__Problem description__. Nothing but the lines from the one containing "settings_store_load flash_base s" through the end of the entries should be set down, each exactly as written.

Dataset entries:
....

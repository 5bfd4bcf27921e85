-- ===== src/SettingsStore/Records.antt =====
-- firmware/src/settings_store.c: saving and loading. `settings_store_save` and
-- `settings_store_load` with the record that stands in the flash.
use safe_key_vault.Prelude.{
  ℕ, ◌+◌, ◌%◌, ◌^◌, Bool, false, ◌||◌, not, Option, none, some, ◌++◌, take, drop, length, ltb, ◌==◌,
  if◌then◌else◌, Outcome, answer, ◌>>=◌,
}
use safe_key_vault.FirmwareTypes.{RuntimeSettings}
use safe_key_vault.StorageBackend.{Bytes, le32}
use safe_key_vault.StorageBackend.Calls.{storage_backend_write_atomic, storage_backend_read_latest}
use safe_key_vault.CryptoEngine.{crypto_engine_encrypt_aead, crypto_engine_decrypt_aead}
use safe_key_vault.SettingsStore.{
  External, SaveRun, SettingsBlob, SettingsStore, settings_version, settings_of, word_at,
  blob_bytes, blob_of, settings_crc, with_default, build_blob, settings_store_nonce, blob_aad,
}

-- The bytes of the record that is stored.
unfoldable pub record_bytes : SettingsBlob → Bytes → Bytes
record_bytes blob payload = le32 (length payload) ++ blob_bytes blob ++ payload

-- The end of `settings_store_save`: the globals change before the record is stored.
unfoldable pub store_sealed :
    SaveRun → SettingsStore → SettingsBlob → Option (Bytes × Bytes) → SettingsStore × Bool
store_sealed run s blob none = (s, false)
store_sealed run s blob (some (payload, tag)) =
    let tagged = record blob { hmac_tag = tag } in
    let (storage, stored) =
      storage_backend_write_atomic run.flash_base run.hal run.junk s.storage
        (some (record_bytes tagged payload)) settings_version in
    (record s { blob = tagged; encrypted_payload = payload; storage = storage }, stored)

-- Where `settings_store_save` has come behind its guards.
unfoldable pub save_blob :
    External → SaveRun → SettingsStore → SettingsBlob → Outcome (SettingsStore × Bool)
save_blob ext run before blob =
    let s = record before { encryption_counter = (before.encryption_counter + 1) % 2 ^ 32 } in
    settings_store_nonce ext s >>= λ nonce.
    crypto_engine_encrypt_aead s.crypto (blob_bytes blob) (blob_aad blob) 128 >>= λ sealed.
    answer (store_sealed run s blob sealed)

unfoldable pub settings_store_save :
    External → SaveRun → SettingsStore → Option RuntimeSettings → Outcome (SettingsStore × Bool)
settings_store_save ext run s none = answer (s, false)
settings_store_save ext run s (some settings) =
    if not s.initialized
    then answer (s, false)
    else save_blob ext run s (build_blob run.pad settings)

-- The record that was read, taken apart.
unfoldable pub parse_record : SettingsStore → Bytes → Option SettingsStore
parse_record s bytes =
    let stored_payload_len = word_at bytes 0 in
    if ltb (length bytes) 44
    then none
    else if stored_payload_len == 0 || ltb 128 stored_payload_len
    then none
    else if not (length bytes == 44 + stored_payload_len)
    then none
    else some (record s {
      blob = blob_of (take 40 (drop 4 bytes));
      encrypted_payload = take stored_payload_len (drop 44 bytes);
    })

unfoldable pub parse_stored : SettingsStore → Option (Bytes × ℕ) → Option SettingsStore
parse_stored s none = none
parse_stored s (some (bytes, schema_version)) =
    if not (schema_version == settings_version) then none else parse_record s bytes

-- The storage is read only where no payload is held.
unfoldable pub fetch : ℕ → SettingsStore → Option SettingsStore
fetch flash_base s =
    if length s.encrypted_payload == 0
    then parse_stored s (storage_backend_read_latest flash_base s.storage 300)
    else some s

-- What is made of the decrypted bytes.
unfoldable pub accept_plaintext : Option Bytes → Option RuntimeSettings
accept_plaintext none = none
accept_plaintext (some plaintext) =
    let blob = blob_of plaintext in
    if not (length plaintext == 40)
    then none
    else if not (settings_crc blob.settings == blob.crc32)
    then none
    else some (with_default (settings_of blob.settings))

unfoldable pub open_payload : SettingsStore → Outcome (SettingsStore × Option RuntimeSettings)
open_payload s =
    crypto_engine_decrypt_aead s.crypto s.encrypted_payload (blob_aad s.blob) s.blob.hmac_tag 40
    >>= λ plaintext. answer (s, accept_plaintext plaintext)

unfoldable pub settings_store_load :
    ℕ → SettingsStore → Outcome (SettingsStore × Option RuntimeSettings)
settings_store_load flash_base s =
    if not s.initialized
    then answer (s, none)
    else elim (fetch flash_base s) [ none ↦ answer (s, none) | some held ↦ open_payload held ]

....

__Task output__.
settings_store_load flash_base s =
    if not s.initialized
    then answer (s, none)
    else elim (fetch flash_base s) [ none ↦ answer (s, none) | some held ↦ open_payload held ]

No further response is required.